Start of Data listing

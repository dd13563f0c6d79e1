-- ===== src/EpollServer/Task.antt =====
-- The send task: what it does when the kernel takes a part of a node, and all of it.
use cmdtran.Common.{
  ℕ, suc, ◌+◌, ◌-◌, ◌<◌, ◌≡◌, refl, sym, ap, ◌∙◌, Bool, true, false, ◌&&◌, Option, none, some, List,
  ◌∷◌, arith, length, ltb, ◌==◌, drop, drop-drop, take,
}
use cmdtran.Common.Int.{ℤ, pos, exceeds_ℕ}
use cmdtran.Common.Map.{find, find-update_self}
use cmdtran.MemChain.{MemChain, MemNode, delete_head, put}
use cmdtran.MemChain.Linked.{IsChain, first, put_self, put-below}
use cmdtran.MemChain.Queue.{delete_head-IsChain}
use cmdtran.EpollServer.{EpollServer, SocketInformation, send_state_waiting}
use cmdtran.EpollServer.SendTask.{
  unsent, sent_part, sent_all, sent_node, send_buffer, send_node, send_head, keep_chain, send_chain,
  process_send_task,
}
use cmdtran.EpollServer.Remove.{has_node}
use cmdtran.EpollServer.Interface.{Kernel}

module _ (kernel : Kernel) where
  open kernel use {State, send}

  sent_all-faults :
      (a : ℕ) (n : MemNode) (xs : List (ℕ × MemNode)) (chain : MemChain) (e : EpollServer State)
      → IsChain chain ((a, n) ∷ xs)
      → sent_all kernel a (delete_head chain) e ≡ none
  unfolding sent_all
  sent_all-faults a n xs chain e v =
      let (chain', deleted, _, gone, _) = delete_head-IsChain chain a n xs v in
      rw (deleted, sent_all, gone) refl

  -- A round of the loop comes to the call of `send` for its head.
  pub send_chain_lem :
      (fuel sock a block : ℕ) (n : MemNode) (xs : List (ℕ × MemNode)) (chain : MemChain)
      (e : EpollServer State)
      → IsChain chain ((a, n) ∷ xs)
      → n.buffer ≡ some block
      → send_chain kernel (suc fuel) sock chain e ≡ (
          let (ret, k) = send sock (unsent kernel n block e) e.kernel in
          sent_node kernel
            (send_chain kernel fuel sock)
            sock
            a
            (record n { next = first xs })
            chain
            ret
            (record e { kernel = k }))
  unfolding send_chain send_head send_node send_buffer
  send_chain_lem fuel sock a block n xs chain e c filled =
      let rest = send_chain kernel fuel sock in
      ap
        (λ (b : Bool). elim b [
          | false ↦ some (keep_chain kernel sock chain e)
          | true ↦ send_head kernel rest sock chain chain.chain_head e
        ])
        (ap (λ (z : ℤ). exceeds_ℕ z 0) c.size ∙ has_node (length xs))
      ∙ ap (λ (h : Option ℕ). send_head kernel rest sock chain h e) c.head
      ∙ ap (λ (m : Option MemNode). send_node kernel rest sock a chain m e) c.linked.0
      ∙ ap
          (λ (b : Option ℕ).
            send_buffer kernel rest sock a (record n { next = first xs }) chain b e)
          filled

  pub sent_node-faults :
      (rest : MemChain → EpollServer State → Option (EpollServer State)) (sock a : ℕ) (n : MemNode)
      (p : Option ℕ) (xs : List (ℕ × MemNode)) (chain : MemChain) (ret : ℤ) (e : EpollServer State)
      → IsChain chain ((a, n) ∷ xs)
      → 0 < n.len - n.begin
      → ret ≡ pos (n.len - n.begin)
      → sent_node kernel rest sock a (record n { next = p }) chain ret e ≡ none
  unfolding sent_node
  sent_node-faults rest sock a n p xs chain ret e c more sent =
      let not_part : (ltb 0 (n.len - n.begin) && ltb (n.len - n.begin) (n.len - n.begin)) ≡ false =
        ground arith in
      let whole : (ltb 0 (n.len - n.begin) && ((n.len - n.begin) == (n.len - n.begin))) ≡ true =
        ground arith in
      rw (sent, sent_node, not_part, whole, sent_all-faults a n xs chain e c) refl

  -- The task at a socket that has a chain.
  pub process_send_task-chain :
      (fuel sock : ℕ) (s : SocketInformation) (e : EpollServer State)
      → find sock e.socket_info ≡ some s
      → process_send_task kernel fuel sock e ≡ send_chain kernel fuel sock s.output_chain e
  unfolding process_send_task
  process_send_task-chain fuel sock s e at_sock = rw (at_sock, process_send_task) refl

  -- When the kernel takes all bytes of the head of a chain in order, and there are some, the send
  -- task reads the node that it has deleted.
  pub process_send_task-faults :
      (fuel sock a block : ℕ) (n : MemNode) (xs : List (ℕ × MemNode)) (s : SocketInformation)
      (e : EpollServer State)
      → find sock e.socket_info ≡ some s
      → IsChain s.output_chain ((a, n) ∷ xs)
      → n.buffer ≡ some block
      → 0 < n.len - n.begin
      → (send sock (unsent kernel n block e) e.kernel).0 ≡ pos (n.len - n.begin)
      → process_send_task kernel (suc fuel) sock e ≡ none
  process_send_task-faults fuel sock a block n xs s e at_sock c filled more sent =
      process_send_task-chain (suc fuel) sock s e at_sock
      ∙ send_chain_lem fuel sock a block n xs s.output_chain e c filled
      ∙ sent_node-faults _ sock a n (first xs) xs s.output_chain _ _ c more sent

  pub sent_node-part :
      (rest : MemChain → EpollServer State → Option (EpollServer State)) (sock a r : ℕ)
      (n : MemNode) (chain : MemChain) (ret : ℤ) (e : EpollServer State)
      → 0 < r
      → r < n.len - n.begin
      → ret ≡ pos r
      → sent_node kernel rest sock a n chain ret e ≡ some (sent_part kernel sock a n r chain e)
  unfolding sent_node
  sent_node-part rest sock a r n chain ret e more less sent =
      let part : (ltb 0 r && ltb r (n.len - n.begin)) ≡ true = ground arith in
      rw (sent, sent_node, part) refl

  -- When the kernel takes a part of the bytes of the head of a chain in order, but not none, the
  -- send task ends: the same nodes stand in the chain, the bytes of the head that are left are
  -- just those that were not sent, and the socket waits.
  pub process_send_task-part :
      (fuel sock a block r : ℕ) (n : MemNode) (xs : List (ℕ × MemNode)) (s : SocketInformation)
      (e : EpollServer State)
      → find sock e.socket_info ≡ some s
      → IsChain s.output_chain ((a, n) ∷ xs)
      → n.buffer ≡ some block
      → 0 < r
      → r < n.len - n.begin
      → (send sock (unsent kernel n block e) e.kernel).0 ≡ pos r
      → (e' : EpollServer State) × (s' : SocketInformation) × (n' : MemNode) × (process_send_task
            kernel
            (suc fuel)
            sock
            e
          ≡ some e')
        × (find sock e'.socket_info ≡ some s')
        × (s'.curr_send_state ≡ send_state_waiting)
        × IsChain s'.output_chain ((a, n') ∷ xs)
        × (unsent kernel n' block e' ≡ drop r (unsent kernel n block e))
  unfolding sent_part
  process_send_task-part fuel sock a block r n xs s e at_sock c filled more less sent =
      let chain = s.output_chain in
      let e₁ = record e { kernel = (send sock (unsent kernel n block e) e.kernel).1 } in
      let node : MemNode = record n { next = first xs } in
      let left : MemNode = record n { next = first xs; begin = n.begin + r } in
      let chain' = record chain { heap = put chain.heap a (some left) } in
      (
        sent_part kernel sock a node r chain e₁,
        record s { output_chain = chain'; curr_send_state = send_state_waiting },
        record n { begin = n.begin + r },
        process_send_task-chain (suc fuel) sock s e at_sock
            ∙ send_chain_lem fuel sock a block n xs chain e c filled
            ∙ sent_node-part _ sock a r node chain _ e₁ more less sent,
        find-update_self sock _ e.socket_info s at_sock,
        refl,
        record {
          linked = (
            put_self chain.heap a (some left),
            put-below chain.heap a (suc a) chain.unused (some left) xs (omega arith) c.rising.2
                c.linked.1,
          );
          rising = c.rising;
          head = c.head;
          end = c.end;
          size = c.size;
        },
        sym (drop-drop n.begin r (n.begin + r) (take n.len (e.memory block)) (omega arith)),
      )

End of Data listing

# [Goal of the exercise]
Please repeat the listing above in full and exactly.

# [Exercise answer]
repository dd13563f0c6d79e1
-- ===== src/EpollServer/Task.antt =====
-- The send task: what it does when the kernel takes a part of a node, and all of it.
use cmdtran.Common.{
  ℕ, suc, ◌+◌, ◌-◌, ◌<◌, ◌≡◌, refl, sym, ap, ◌∙◌, Bool, true, false, ◌&&◌, Option, none, some, List,
  ◌∷◌, arith, length, ltb, ◌==◌, drop, drop-drop, take,
}
use cmdtran.Common.Int.{ℤ, pos, exceeds_ℕ}
use cmdtran.Common.Map.{find, find-update_self}
use cmdtran.MemChain.{MemChain, MemNode, delete_head, put}
use cmdtran.MemChain.Linked.{IsChain, first, put_self, put-below}
use cmdtran.MemChain.Queue.{delete_head-IsChain}
use cmdtran.EpollServer.{EpollServer, SocketInformation, send_state_waiting}
use cmdtran.EpollServer.SendTask.{
  unsent, sent_part, sent_all, sent_node, send_buffer, send_node, send_head, keep_chain, send_chain,
  process_send_task,
}
use cmdtran.EpollServer.Remove.{has_node}
use cmdtran.EpollServer.Interface.{Kernel}

module _ (kernel : Kernel) where
  open kernel use {State, send}

  sent_all-faults :
      (a : ℕ) (n : MemNode) (xs : List (ℕ × MemNode)) (chain : MemChain) (e : EpollServer State)
      → IsChain chain ((a, n) ∷ xs)
      → sent_all kernel a (delete_head chain) e ≡ none
  unfolding sent_all
  sent_all-faults a n xs chain e v =
      let (chain', deleted, _, gone, _) = delete_head-IsChain chain a n xs v in
      rw (deleted, sent_all, gone) refl

  -- A round of the loop comes to the call of `send` for its head.
  pub send_chain_lem :
      (fuel sock a block : ℕ) (n : MemNode) (xs : List (ℕ × MemNode)) (chain : MemChain)
      (e : EpollServer State)
      → IsChain chain ((a, n) ∷ xs)
      → n.buffer ≡ some block
      → send_chain kernel (suc fuel) sock chain e ≡ (
          let (ret, k) = send sock (unsent kernel n block e) e.kernel in
          sent_node kernel
            (send_chain kernel fuel sock)
            sock
            a
            (record n { next = first xs })
            chain
            ret
            (record e { kernel = k }))
  unfolding send_chain send_head send_node send_buffer
  send_chain_lem fuel sock a block n xs chain e c filled =
      let rest = send_chain kernel fuel sock in
      ap
        (λ (b : Bool). elim b [
          | false ↦ some (keep_chain kernel sock chain e)
          | true ↦ send_head kernel rest sock chain chain.chain_head e
        ])
        (ap (λ (z : ℤ). exceeds_ℕ z 0) c.size ∙ has_node (length xs))
      ∙ ap (λ (h : Option ℕ). send_head kernel rest sock chain h e) c.head
      ∙ ap (λ (m : Option MemNode). send_node kernel rest sock a chain m e) c.linked.0
      ∙ ap
          (λ (b : Option ℕ).
            send_buffer kernel rest sock a (record n { next = first xs }) chain b e)
          filled

  pub sent_node-faults :
      (rest : MemChain → EpollServer State → Option (EpollServer State)) (sock a : ℕ) (n : MemNode)
      (p : Option ℕ) (xs : List (ℕ × MemNode)) (chain : MemChain) (ret : ℤ) (e : EpollServer State)
      → IsChain chain ((a, n) ∷ xs)
      → 0 < n.len - n.begin
      → ret ≡ pos (n.len - n.begin)
      → sent_node kernel rest sock a (record n { next = p }) chain ret e ≡ none
  unfolding sent_node
  sent_node-faults rest sock a n p xs chain ret e c more sent =
      let not_part : (ltb 0 (n.len - n.begin) && ltb (n.len - n.begin) (n.len - n.begin)) ≡ false =
        ground arith in
      let whole : (ltb 0 (n.len - n.begin) && ((n.len - n.begin) == (n.len - n.begin))) ≡ true =
        ground arith in
      rw (sent, sent_node, not_part, whole, sent_all-faults a n xs chain e c) refl

  -- The task at a socket that has a chain.
  pub process_send_task-chain :
      (fuel sock : ℕ) (s : SocketInformation) (e : EpollServer State)
      → find sock e.socket_info ≡ some s
      → process_send_task kernel fuel sock e ≡ send_chain kernel fuel sock s.output_chain e
  unfolding process_send_task
  process_send_task-chain fuel sock s e at_sock = rw (at_sock, process_send_task) refl

  -- When the kernel takes all bytes of the head of a chain in order, and there are some, the send
  -- task reads the node that it has deleted.
  pub process_send_task-faults :
      (fuel sock a block : ℕ) (n : MemNode) (xs : List (ℕ × MemNode)) (s : SocketInformation)
      (e : EpollServer State)
      → find sock e.socket_info ≡ some s
      → IsChain s.output_chain ((a, n) ∷ xs)
      → n.buffer ≡ some block
      → 0 < n.len - n.begin
      → (send sock (unsent kernel n block e) e.kernel).0 ≡ pos (n.len - n.begin)
      → process_send_task kernel (suc fuel) sock e ≡ none
  process_send_task-faults fuel sock a block n xs s e at_sock c filled more sent =
      process_send_task-chain (suc fuel) sock s e at_sock
      ∙ send_chain_lem fuel sock a block n xs s.output_chain e c filled
      ∙ sent_node-faults _ sock a n (first xs) xs s.output_chain _ _ c more sent

  pub sent_node-part :
      (rest : MemChain → EpollServer State → Option (EpollServer State)) (sock a r : ℕ)
      (n : MemNode) (chain : MemChain) (ret : ℤ) (e : EpollServer State)
      → 0 < r
      → r < n.len - n.begin
      → ret ≡ pos r
      → sent_node kernel rest sock a n chain ret e ≡ some (sent_part kernel sock a n r chain e)
  unfolding sent_node
  sent_node-part rest sock a r n chain ret e more less sent =
      let part : (ltb 0 r && ltb r (n.len - n.begin)) ≡ true = ground arith in
      rw (sent, sent_node, part) refl

  -- When the kernel takes a part of the bytes of the head of a chain in order, but not none, the
  -- send task ends: the same nodes stand in the chain, the bytes of the head that are left are
  -- just those that were not sent, and the socket waits.
  pub process_send_task-part :
      (fuel sock a block r : ℕ) (n : MemNode) (xs : List (ℕ × MemNode)) (s : SocketInformation)
      (e : EpollServer State)
      → find sock e.socket_info ≡ some s
      → IsChain s.output_chain ((a, n) ∷ xs)
      → n.buffer ≡ some block
      → 0 < r
      → r < n.len - n.begin
      → (send sock (unsent kernel n block e) e.kernel).0 ≡ pos r
      → (e' : EpollServer State) × (s' : SocketInformation) × (n' : MemNode) × (process_send_task
            kernel
            (suc fuel)
            sock
            e
          ≡ some e')
        × (find sock e'.socket_info ≡ some s')
        × (s'.curr_send_state ≡ send_state_waiting)
        × IsChain s'.output_chain ((a, n') ∷ xs)
        × (unsent kernel n' block e' ≡ drop r (unsent kernel n block e))
  unfolding sent_part
  process_send_task-part fuel sock a block r n xs s e at_sock c filled more less sent =
      let chain = s.output_chain in
      let e₁ = record e { kernel = (send sock (unsent kernel n block e) e.kernel).1 } in
      let node : MemNode = record n { next = first xs } in
      let left : MemNode = record n { next = first xs; begin = n.begin + r } in
      let chain' = record chain { heap = put chain.heap a (some left) } in
      (
        sent_part kernel sock a node r chain e₁,
        record s { output_chain = chain'; curr_send_state = send_state_waiting },
        record n { begin = n.begin + r },
        process_send_task-chain (suc fuel) sock s e at_sock
            ∙ send_chain_lem fuel sock a block n xs chain e c filled
            ∙ sent_node-part _ sock a r node chain _ e₁ more less sent,
        find-update_self sock _ e.socket_info s at_sock,
        refl,
        record {
          linked = (
            put_self chain.heap a (some left),
            put-below chain.heap a (suc a) chain.unused (some left) xs (omega arith) c.rising.2
                c.linked.1,
          );
          rising = c.rising;
          head = c.head;
          end = c.end;
          size = c.size;
        },
        sym (drop-drop n.begin r (n.begin + r) (take n.len (e.memory block)) (omega arith)),
      )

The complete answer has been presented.